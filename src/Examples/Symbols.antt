-- ===== src/Examples/Symbols.antt =====
-- An address in a function, debuginfo_eip of jos/kern/kdebug.c.
use cs444_operating_systems.Base.{ℕ, ◌≡◌, refl, true, some, arith, ◌==◌, if◌then◌else◌, inr}
use cs444_operating_systems.Strings.Scan.{strfind}
use cs444_operating_systems.Stabs.{Stab}
use cs444_operating_systems.Stabs.Info.{debuginfo_eip}
use cs444_operating_systems.Stabs.Describe.{Located, debuginfo_eip_locates}

abbrev stab : (strx type desc value : ℕ) → Stab
stab strx type desc value = record {
  n_strx = strx;
  n_type = type;
  n_other = 0;
  n_desc = desc;
  n_value = value;
}

-- A file with two functions, the first with a parameter and two lines, and the end of the file.
abbrev program : ℕ → Stab
program i =
    if i == 1
    then stab 1 0x64 0 100
    else if i == 2
    then stab 5 0x24 0 100
    else if i == 3
    then stab 0 0xa0 0 8
    else if i == 4
    then stab 0 0x44 10 0
    else if i == 5
    then stab 0 0x44 11 9
    else if i == 6
    then stab 1 0x24 0 200
    else if i == 7
    then stab 0 0x64 0 300
    else stab 0 0 0 0

-- The name `a:` at 5.
abbrev names : ℕ → ℕ
names i = if i == 5 then 97 else if i == 6 then 58 else 0

program-Located : Located program 8 names 10 105 1 7 2 6 4 5 1 1 1
unfolding strfind
program-Located = record {
  some_strings = omega arith;
  ended = refl;
  file = record {
    sorted = λ i k a b d x y. ground arith;
    clear = λ i a b x. ground arith;
    lower = omega arith;
    upper = omega arith;
    match = refl;
    before = omega arith;
    after = λ i a b x. ground arith;
  };
  file_next = (omega arith, omega arith, inr refl, λ i a b x. ground arith);
  not_first = omega arith;
  fun = record {
    sorted = λ i k a b d x y. ground arith;
    clear = λ i a b x. ground arith;
    lower = omega arith;
    upper = omega arith;
    match = refl;
    before = omega arith;
    after = λ i a b x. ground arith;
  };
  fun_next = (omega arith, omega arith, inr refl, λ i a b x. ground arith);
  line = record {
    sorted = λ i k a b d x y. ground arith;
    clear = λ i a b x. ground arith;
    lower = omega arith;
    upper = omega arith;
    match = refl;
    before = omega arith;
    after = λ i a b x. ground arith;
  };
  line_next = (omega arith, omega arith, inr refl, λ i a b x. ground arith);
  source = (omega arith, refl, λ k a b. ground arith);
  inside = omega arith;
  parameters = (λ k a b. ground arith, omega arith, inr (omega arith));
  name = refl;
}

debuginfo_eip_locates_example :
    debuginfo_eip program 8 names 10 105
    ≡ some (
      true,
      record {
        eip_file = some 1;
        eip_line = 10;
        eip_fn_name = some 5;
        eip_fn_namelen = 1;
        eip_fn_addr = 100;
        eip_fn_narg = 1;
      },
    )
debuginfo_eip_locates_example =
    debuginfo_eip_locates program 8 names 10 105 1 7 2 6 4 5 1 1 1 program-Located (omega arith)
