-- ===== src/Format.antt =====
-- Formatted output: printnum of jos/lib/printfmt.c. The result of a function is the list of the
-- characters that it passes to `putch`.
pub mod Number
pub mod Convert
pub mod Cprintf
pub mod Print
pub mod Ends
pub mod Buffer
pub mod Signed
pub mod Termination
use cs444_operating_systems.Base.{
  ℕ, zero, suc, ◌+◌, ◌-◌, ◌*◌, ◌/◌, ◌%◌, ◌^◌, Bool, true, false, ◌&&◌, ◌||◌, ◌==◌, leb, ltb, Option,
  none, some, List, [], ◌∷◌, ◌++◌, if◌then◌else◌,
}

-- `"0123456789abcdef"[d]`
unfoldable pub digit : ℕ → ℕ
digit d = if ltb d 10 then 48 + d else 87 + d

-- `n` times the character `ch`.
unfoldable pub repeat : (n ch : ℕ) → List ℕ
repeat zero ch = []
repeat (suc n) ch = ch ∷ repeat n ch

-- A call for each digit, so 64 units of fuel are enough for an `unsigned long long`. A negative width
-- is 0 here.
unfoldable pub printnum : (fuel num base width padc : ℕ) → List ℕ
printnum zero num base width padc = []
printnum (suc fuel) num base width padc =
    let rest = printnum fuel (num / base) base (width - 1) padc in
    (if leb base num then rest else repeat (width - 1) padc) ++ digit (num % base) ∷ []
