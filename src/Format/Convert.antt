-- ===== src/Format/Convert.antt =====
-- The conversions of vprintfmt in jos/lib/printfmt.c. An `int` is the bit pattern of 32 bits. The
-- arguments are the words of the caller's stack, and `ap` is the index of the next one.
use Prim.Native.Char.{code}
use Prim.Native.String.{String}
use cs444_operating_systems.Base.{
  ℕ, zero, suc, ◌+◌, ◌-◌, ◌*◌, ◌^◌, Bool, true, false, not, ◌&&◌, ◌||◌, ◌==◌, leb, ltb, Option,
  none, some, List, [], ◌∷◌, ◌++◌, if◌then◌else◌, length,
}
use cs444_operating_systems.Mmu.{u32}
use cs444_operating_systems.Strings.Scan.{strnlen}
use cs444_operating_systems.Format.{repeat, printnum}

-- The state of an escape sequence. A width or a precision is `none` where the source has a negative
-- number.
pub record Flags : Type 0 where
  pub padc : ℕ
  pub width : Option ℕ
  pub precision : Option ℕ
  pub lflag : ℕ
  pub altflag : Bool

abbrev pub initial_flags : Flags
initial_flags = record { padc = 32; width = none; precision = none; lflag = 0; altflag = false }

-- What a conversion prints, and where `fmt` and `ap` are behind it.
pub record Piece : Type 0 where
  pub text : List ℕ
  pub fmt : ℕ
  pub ap : ℕ

-- The characters of a string literal.
abbrev pub codes : String → List ℕ
codes String.[] = []
codes (String.◌∷◌ c s) = code c ∷ codes s

-- The characters of a literal by index, with the 0 behind them.
abbrev pub literal : List ℕ → ℕ → ℕ
literal [] i = 0
literal (x ∷ xs) zero = x
literal (x ∷ xs) (suc i) = literal xs i

-- An `int` where only a negative one is told from the others.
abbrev pub signed : ℕ → Option ℕ
signed x = if ltb x (2 ^ 31) then some x else none

abbrev pub or_zero : Option ℕ → ℕ
or_zero none = 0
or_zero (some n) = n

abbrev pub is_negative : Option ℕ → Bool
is_negative none = true
is_negative (some _) = false

-- The number and the next index.
unfoldable pub getuint : (ℕ → ℕ) → (ap lflag : ℕ) → ℕ × ℕ
getuint w ap lflag = if leb 2 lflag then (w ap + w (ap + 1) * 2 ^ 32, ap + 2) else (w ap, ap + 1)

-- The bit pattern of 64 bits, and the next index.
unfoldable pub getint : (ℕ → ℕ) → (ap lflag : ℕ) → ℕ × ℕ
getint w ap lflag =
    if leb 2 lflag
    then (w ap + w (ap + 1) * 2 ^ 32, ap + 2)
    else if ltb (w ap) (2 ^ 31)
    then (w ap, ap + 1)
    else (w ap + 2 ^ 64 - 2 ^ 32, ap + 1)

-- An entry of the table of pointers, null outside of it.
abbrev pub entry : List (List ℕ) → ℕ → Option (List ℕ)
entry [] i = none
entry (x ∷ xs) zero = some x
entry (x ∷ xs) (suc i) = entry xs i

-- The literals that the entries from 1 on point to.
abbrev pub error_strings : List (List ℕ)
error_strings =
    codes "unspecified error"
    ∷ codes "bad environment"
    ∷ codes "invalid parameter"
    ∷ codes "out of memory"
    ∷ codes "out of environments"
    ∷ codes "segmentation fault"
    ∷ codes "env is not recving"
    ∷ codes "unexpected end of file"
    ∷ []

unfoldable pub error_string : ℕ → Option (List ℕ)
error_string zero = none
error_string (suc n) = entry error_strings n

-- The case 'e', whose calls of printfmt are written out.
unfoldable pub error_text : ℕ → List ℕ
error_text x =
    let err = if ltb x (2 ^ 31) then x else u32 (2 ^ 32 - x) in
    elim (error_string err) [ none ↦ codes "error " ++ printnum 64 err 10 0 32 | some text ↦ text ]

-- The character of a string that is passed to putch: a `char` is signed.
abbrev pub shown : (altflag : Bool) → ℕ → ℕ
shown altflag c =
    let ch = if ltb c 128 then c else c + (2 ^ 32 - 256) in
    if altflag && (ltb ch 32 || ltb 126 ch) then 63 else ch

-- The characters of the string `str` from index `i` on that are printed.
unfoldable pub string_chars :
    (fuel : ℕ) → (ℕ → ℕ) → (i : ℕ) → (precision : Option ℕ) → (altflag : Bool) → Option (List ℕ)
string_chars zero str i precision altflag = none
string_chars (suc fuel) str i precision altflag = elim (str i == 0) [
  | true ↦ some []
  | false ↦ elim precision [
    | none ↦ elim (string_chars fuel str (i + 1) none altflag) [
      | none ↦ none
      | some text ↦ some (shown altflag (str i) ∷ text)
    ]
    | some zero ↦ some []
    | some (suc n) ↦ elim (string_chars fuel str (i + 1) (some n) altflag) [
      | none ↦ none
      | some text ↦ some (shown altflag (str i) ∷ text)
    ]
  ]
]

-- The case 's' for the string `str`.
unfoldable pub string_text : (fuel : ℕ) → (ℕ → ℕ) → Flags → Option (List ℕ)
string_text fuel str f =
    let left = ltb 0 (or_zero f.width) && not (f.padc == 45) in
    let len = strnlen (elim f.precision [ none ↦ 2 ^ 32 - 1 | some n ↦ n ]) 0 str in
    elim (string_chars fuel str 0 f.precision f.altflag) [
      | none ↦ none
      | some text ↦
          if left
          then some (repeat (or_zero f.width - len) f.padc ++ text)
          else some (text ++ repeat (or_zero f.width - length text) 32)
    ]

-- The string that a pointer argument points to.
abbrev pub pointed : (ℕ → ℕ) → ℕ → ℕ → ℕ
pointed m p = if p == 0 then literal (codes "(null)") else λ i. m (p + i)

-- The label `number`.
unfoldable pub number : (num base : ℕ) → Flags → List ℕ
number num base f = printnum 64 num base (or_zero f.width) f.padc

-- The case 'd' for the 64 bits `num`.
unfoldable pub decimal : ℕ → Flags → List ℕ
decimal num f = if ltb num (2 ^ 63) then number num 10 f else 45 ∷ number (2 ^ 64 - num) 10 f

-- The loop of the default case, from the address of the character that has been read.
unfoldable pub walk_back : (ℕ → ℕ) → ℕ → ℕ
walk_back m zero = zero
walk_back m (suc n) = elim (m n == 37) [ true ↦ suc n | false ↦ walk_back m n ]

-- The cases of the switch that end the escape sequence. `ch` is the character in front of `fmt`.
unfoldable pub convert : (fuel : ℕ) → (m w : ℕ → ℕ) → (ch fmt ap : ℕ) → Flags → Option Piece
convert fuel m w ch fmt ap f =
    let (unum, uap) = getuint w ap f.lflag in
    let (snum, sap) = getint w ap f.lflag in
    if ch == 99
    then some (record { text = w ap ∷ []; fmt = fmt; ap = ap + 1 })
    else if ch == 101
    then some (record { text = error_text (w ap); fmt = fmt; ap = ap + 1 })
    else if ch == 115
    then elim (string_text fuel (pointed m (w ap)) f) [
      | none ↦ none
      | some text ↦ some (record { text = text; fmt = fmt; ap = ap + 1 })
    ]
    else if ch == 100
    then some (record { text = decimal snum f; fmt = fmt; ap = sap })
    else if ch == 117
    then some (record { text = number unum 10 f; fmt = fmt; ap = uap })
    else if ch == 111
    then some (record { text = number unum 8 f; fmt = fmt; ap = uap })
    else if ch == 112
    then some (record { text = 48 ∷ 120 ∷ number (w ap) 16 f; fmt = fmt; ap = ap + 1 })
    else if ch == 120
    then some (record { text = number unum 16 f; fmt = fmt; ap = uap })
    else if ch == 37
    then some (record { text = ch ∷ []; fmt = fmt; ap = ap })
    else some (record { text = 37 ∷ []; fmt = walk_back m (fmt - 1); ap = ap })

**Work instructions**
Using only the entries above, output the line with "unfoldable pub string_text", the line with "let len = strnlen", and all lines between them, exactly as they stand.

**Written solution**
unfoldable pub string_text : (fuel : ℕ) → (ℕ → ℕ) → Flags → Option (List ℕ)
string_text fuel str f =
    let left = ltb 0 (or_zero f.width) && not (f.padc == 45) in
    let len = strnlen (elim f.precision [ none ↦ 2 ^ 32 - 1 | some n ↦ n ]) 0 str in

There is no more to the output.